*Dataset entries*
--- START ---

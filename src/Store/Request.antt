-- ===== src/Store/Request.antt =====
-- lib/pg-evidence-store.js: the argument of `appendEvidence`, and the checks on it.
use tanden_trust_audit_poc.Base.{
  ℕ, String, Bool, ◌||◌, Option, none, some, Result, ok, err, ◌>>=◌, Number, natural, negative,
  non_integer, leb, codes, all, any, is_empty, is_sha256_hex, if◌then◌else◌, is_white_space,
}
use tanden_trust_audit_poc.Json.{Json, str, obj}
use tanden_trust_audit_poc.Platform.{DbError}

-- `EvidenceStoreError`, by its code; the last three carry their cause.
pub data StoreError : Type 0 where
  invalid_evidence_id invalid_version invalid_evidence invalid_digest : StoreError
  invalid_canonicalization invalid_hash_algorithm invalid_signature : StoreError
  invalid_signing_algorithm : StoreError
  evidence_version_already_exists : DbError → StoreError
  evidence_store_write_failed : DbError → StoreError
  evidence_store_read_failed : DbError → StoreError

-- The argument of `appendEvidence`; `none` is undefined, and for `version` anything that is no
-- number.
pub record StoreRequest : Type 0 where
  pub evidence_id : Option Json
  pub version : Option Number
  pub evidence : Option Json
  pub canonicalization : Option Json
  pub hash_algorithm : Option Json
  pub digest_hex : Option Json
  pub signature : Option Json
  pub signing_algorithm : Option Json
  pub kms_key_id : Option String

-- `value.trim().length === 0`
is_blank : String → Bool
is_blank s = all is_white_space (codes s)

-- /[\x00-\x1f]/
has_control_character : String → Bool
has_control_character s = any (λ c. leb c 0x1f) (codes s)

unfoldable pub assert_valid_evidence_id : Option Json → Result StoreError String
unfolding is_blank has_control_character
assert_valid_evidence_id (some (str s)) =
    if is_blank s || has_control_character s then err invalid_evidence_id else ok s
assert_valid_evidence_id _ = err invalid_evidence_id

-- `!Number.isInteger(version) || version < 1` throws.
unfoldable pub assert_valid_version : Option Number → Result StoreError ℕ
assert_valid_version (some (natural n)) = if leb 1 n then ok n else err invalid_version
assert_valid_version (some (negative n)) = err invalid_version
assert_valid_version (some non_integer) = err invalid_version
assert_valid_version none = err invalid_version

unfoldable pub assert_valid_evidence : Option Json → Result StoreError Json
assert_valid_evidence (some (obj fields)) = ok (obj fields)
assert_valid_evidence _ = err invalid_evidence

unfoldable pub assert_valid_digest_hex : Option Json → Result StoreError String
assert_valid_digest_hex (some (str s)) = if is_sha256_hex s then ok s else err invalid_digest
assert_valid_digest_hex _ = err invalid_digest

-- `typeof value !== "string" || value.length === 0` throws.
unfoldable pub assert_text : Option Json → StoreError → Result StoreError String
assert_text (some (str s)) e = if is_empty s then err e else ok s
assert_text _ e = err e

-- The columns of an INSERT.
pub record NewVersion : Type 0 where
  pub evidence_id : String
  pub version : ℕ
  pub evidence : Json
  pub canonicalization : String
  pub hash_algorithm : String
  pub digest_hex : String
  pub signature : String
  pub signing_algorithm : String
  pub kms_key_id : Option String

-- The checks that stand before the INSERT, in their order.
unfoldable pub check_store_request : StoreRequest → Result StoreError NewVersion
check_store_request r = do
  evidence_id ← assert_valid_evidence_id r.evidence_id
  version ← assert_valid_version r.version
  evidence ← assert_valid_evidence r.evidence
  digest_hex ← assert_valid_digest_hex r.digest_hex
  canonicalization ← assert_text r.canonicalization invalid_canonicalization
  hash_algorithm ← assert_text r.hash_algorithm invalid_hash_algorithm
  signature ← assert_text r.signature invalid_signature
  signing_algorithm ← assert_text r.signing_algorithm invalid_signing_algorithm
  ok (record {
    evidence_id = evidence_id;
    version = version;
    evidence = evidence;
    canonicalization = canonicalization;
    hash_algorithm = hash_algorithm;
    digest_hex = digest_hex;
    signature = signature;
    signing_algorithm = signing_algorithm;
    kms_key_id = r.kms_key_id;
  })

--- END ---

*TASK TO COMPLETE*
Each line of the records belongs in the answer, reproduced exactly.

*WORKED SOLUTION*
filename src/Store/Request.antt
-- ===== src/Store/Request.antt =====
-- lib/pg-evidence-store.js: the argument of `appendEvidence`, and the checks on it.
use tanden_trust_audit_poc.Base.{
  ℕ, String, Bool, ◌||◌, Option, none, some, Result, ok, err, ◌>>=◌, Number, natural, negative,
  non_integer, leb, codes, all, any, is_empty, is_sha256_hex, if◌then◌else◌, is_white_space,
}
use tanden_trust_audit_poc.Json.{Json, str, obj}
use tanden_trust_audit_poc.Platform.{DbError}

-- `EvidenceStoreError`, by its code; the last three carry their cause.
pub data StoreError : Type 0 where
  invalid_evidence_id invalid_version invalid_evidence invalid_digest : StoreError
  invalid_canonicalization invalid_hash_algorithm invalid_signature : StoreError
  invalid_signing_algorithm : StoreError
  evidence_version_already_exists : DbError → StoreError
  evidence_store_write_failed : DbError → StoreError
  evidence_store_read_failed : DbError → StoreError

-- The argument of `appendEvidence`; `none` is undefined, and for `version` anything that is no
-- number.
pub record StoreRequest : Type 0 where
  pub evidence_id : Option Json
  pub version : Option Number
  pub evidence : Option Json
  pub canonicalization : Option Json
  pub hash_algorithm : Option Json
  pub digest_hex : Option Json
  pub signature : Option Json
  pub signing_algorithm : Option Json
  pub kms_key_id : Option String

-- `value.trim().length === 0`
is_blank : String → Bool
is_blank s = all is_white_space (codes s)

-- /[\x00-\x1f]/
has_control_character : String → Bool
has_control_character s = any (λ c. leb c 0x1f) (codes s)

unfoldable pub assert_valid_evidence_id : Option Json → Result StoreError String
unfolding is_blank has_control_character
assert_valid_evidence_id (some (str s)) =
    if is_blank s || has_control_character s then err invalid_evidence_id else ok s
assert_valid_evidence_id _ = err invalid_evidence_id

-- `!Number.isInteger(version) || version < 1` throws.
unfoldable pub assert_valid_version : Option Number → Result StoreError ℕ
assert_valid_version (some (natural n)) = if leb 1 n then ok n else err invalid_version
assert_valid_version (some (negative n)) = err invalid_version
assert_valid_version (some non_integer) = err invalid_version
assert_valid_version none = err invalid_version

unfoldable pub assert_valid_evidence : Option Json → Result StoreError Json
assert_valid_evidence (some (obj fields)) = ok (obj fields)
assert_valid_evidence _ = err invalid_evidence

unfoldable pub assert_valid_digest_hex : Option Json → Result StoreError String
assert_valid_digest_hex (some (str s)) = if is_sha256_hex s then ok s else err invalid_digest
assert_valid_digest_hex _ = err invalid_digest

-- `typeof value !== "string" || value.length === 0` throws.
unfoldable pub assert_text : Option Json → StoreError → Result StoreError String
assert_text (some (str s)) e = if is_empty s then err e else ok s
assert_text _ e = err e

-- The columns of an INSERT.
pub record NewVersion : Type 0 where
  pub evidence_id : String
  pub version : ℕ
  pub evidence : Json
  pub canonicalization : String
  pub hash_algorithm : String
  pub digest_hex : String
  pub signature : String
  pub signing_algorithm : String
  pub kms_key_id : Option String

-- The checks that stand before the INSERT, in their order.
unfoldable pub check_store_request : StoreRequest → Result StoreError NewVersion
check_store_request r = do
  evidence_id ← assert_valid_evidence_id r.evidence_id
  version ← assert_valid_version r.version
  evidence ← assert_valid_evidence r.evidence
  digest_hex ← assert_valid_digest_hex r.digest_hex
  canonicalization ← assert_text r.canonicalization invalid_canonicalization
  hash_algorithm ← assert_text r.hash_algorithm invalid_hash_algorithm
  signature ← assert_text r.signature invalid_signature
  signing_algorithm ← assert_text r.signing_algorithm invalid_signing_algorithm
  ok (record {
    evidence_id = evidence_id;
    version = version;
    evidence = evidence;
    canonicalization = canonicalization;
    hash_algorithm = hash_algorithm;
    digest_hex = digest_hex;
    signature = signature;
    signing_algorithm = signing_algorithm;
    kms_key_id = r.kms_key_id;
  })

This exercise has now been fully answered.